That blue is not a socolofi (not pure anyway). Their stripes are irridescent (they don't show when a flash hits them)

I do have a small female kenyi in a grow-out tank whose stripes come and go fairly rapidly... As DJ said... it may not be possible to ID. I'd hazard it's a hybrid.


----------



## VolForLife (Dec 7, 2010)

I have came to a conclusion I just went and got 3 more labs and 4 Acei Cichlids. Like the blue one that no1 can ID for me they Aceis turn from dark to light also, but only in certain parts of the aquarium. I have a gravel pattern in my tank where it goes blue white blue white. 5lbs of white, 5lbs of blue repeat across the tank. Im thinking they are tryin to blend in with the rocks? You can watch them change from light to dark in a matter of seconds, or its around certain fish, or just perhaps they are still young and or in a new tank, but the blue one Im tryin to ID went frm a Dark purple and now stays light, but when I FIRST added the Acei Cichlids it turned dark.. Pretty interesting


----------



## Fogelhund (Dec 3, 2002)

African cichlids do not have the capability to mask their colours depending on the rock they are around.

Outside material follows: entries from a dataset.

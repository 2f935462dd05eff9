-- ===== src/Dht/Bencode/Texts.antt =====
-- pkg/dht/bencode.go: strings and integers come back from their encodings.
use vapora.Base.{
  ℕ, ◌+◌, ◌^◌, ◌≤◌, ◌<◌, ◌≡◌, refl, true, false, some, [], ◌∷◌, ◌++◌, append_assoc, ◌==◌, length,
  take-append, drop-append, length-append, All, arith, Bytes,
}
use vapora.Base.Int.{ℤ, pos, negsuc}
use vapora.Base.Decimal.{
  decimal, signed, is_digit, Fits64, decimal-All, decimal-starts, read_decimal-decimal,
  read_signed-signed, length-decimal,
}
use vapora.Dht.Bencode.{encode_text, split_length, take_text, decode_text, until_e, decode_int}

split_length-append :
    (i : ℕ) (ds rest : Bytes)
    → All (λ c. is_digit c ≡ true) ds
    → i + length ds ≤ 11
    → split_length i (ds ++ b':' ∷ rest) ≡ some (ds, rest)
unfolding split_length
split_length-append i [] rest h l = refl
split_length-append i (d ∷ ds) rest (h, hs) l =
    ground (arith, split_length-append (i + 1) ds rest hs (omega arith))

pub decode_text-encode_text :
    (t rest : Bytes) → length t < 10 ^ 11 → decode_text (encode_text t ++ rest) ≡ some (t, rest)
unfolding decode_text encode_text take_text
decode_text-encode_text t rest h =
    let n = length t in
    ground (
      arith,
      append_assoc (decimal n) (b':' ∷ t) rest,
      split_length-append 0 (decimal n) (t ++ rest) (decimal-All n)
          (omega (arith, length-decimal 10 n h)),
      read_decimal-decimal n (omega arith),
      take-append t rest n refl,
      drop-append t rest n refl,
      length-append t rest,
    )

until_e-append :
    (ds rest : Bytes)
    → All (λ c. (c == b'e') ≡ false) ds
    → until_e (ds ++ b'e' ∷ rest) ≡ some (ds, rest)
unfolding until_e
until_e-append [] rest h = refl
until_e-append (d ∷ ds) rest (h, hs) = ground (arith, until_e-append ds rest hs)

digits_no_e : (ds : Bytes) → All (λ c. is_digit c ≡ true) ds → All (λ c. (c == b'e') ≡ false) ds
digits_no_e [] h = tt
digits_no_e (d ∷ ds) (h, hs) = (ground arith, digits_no_e ds hs)

signed_no_e : (z : ℤ) → All (λ c. (c == b'e') ≡ false) (signed z)
unfolding signed
signed_no_e (pos n) = digits_no_e (decimal n) (decimal-All n)
signed_no_e (negsuc n) = (refl, digits_no_e (decimal (n + 1)) (decimal-All (n + 1)))

pub decode_int-signed :
    (z : ℤ) (rest : Bytes) → Fits64 z → decode_int (signed z ++ b'e' ∷ rest) ≡ some (z, rest)
unfolding decode_int
decode_int-signed z rest h =
    ground (arith, until_e-append (signed z) rest (signed_no_e z), read_signed-signed z h)

pub encode_text-starts :
    (t rest : Bytes)
    → (c : ℕ) × (cs : Bytes) × (encode_text t ++ rest ≡ c ∷ cs) × (is_digit c ≡ true)
unfolding encode_text
encode_text-starts t rest =
    let (c, cs, e, d) = decimal-starts (length t) in (c, (cs ++ b':' ∷ t) ++ rest, rw e refl, d)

Ps. acei will go from dark to light, particularly the dominant ones.


----------



## VolForLife (Dec 7, 2010)

I dunno if yall remember what my 1 fish looked like that we couldnt ID and I deleted the pics from my photobucket not thinking about this, but I am pretty sure it is a Labidochromis Chismulae (clown lab). I was searching for other species to add with me yellow, and Acei and came across this fish and read about it and looked at many pics and am about 98% sure. For those interested here is a link and explains my fish pretty well.
http://www.cichlid-forum.com/articles/l_chisumulae.php


----------



## Fogelhund (Dec 3, 2002)

I've kept and bred Lab. chisimulae a few times. I'm not certain how I would look at pictures of one, and not recognize it as such. The fish I seem to recall didn't look like the chisimulae though. Perhaps you could repost the pics?


----------



## VolForLife (Dec 7, 2010)

I dont have them anymore, but I will try to get another pic up tonight, or tomorrow


----------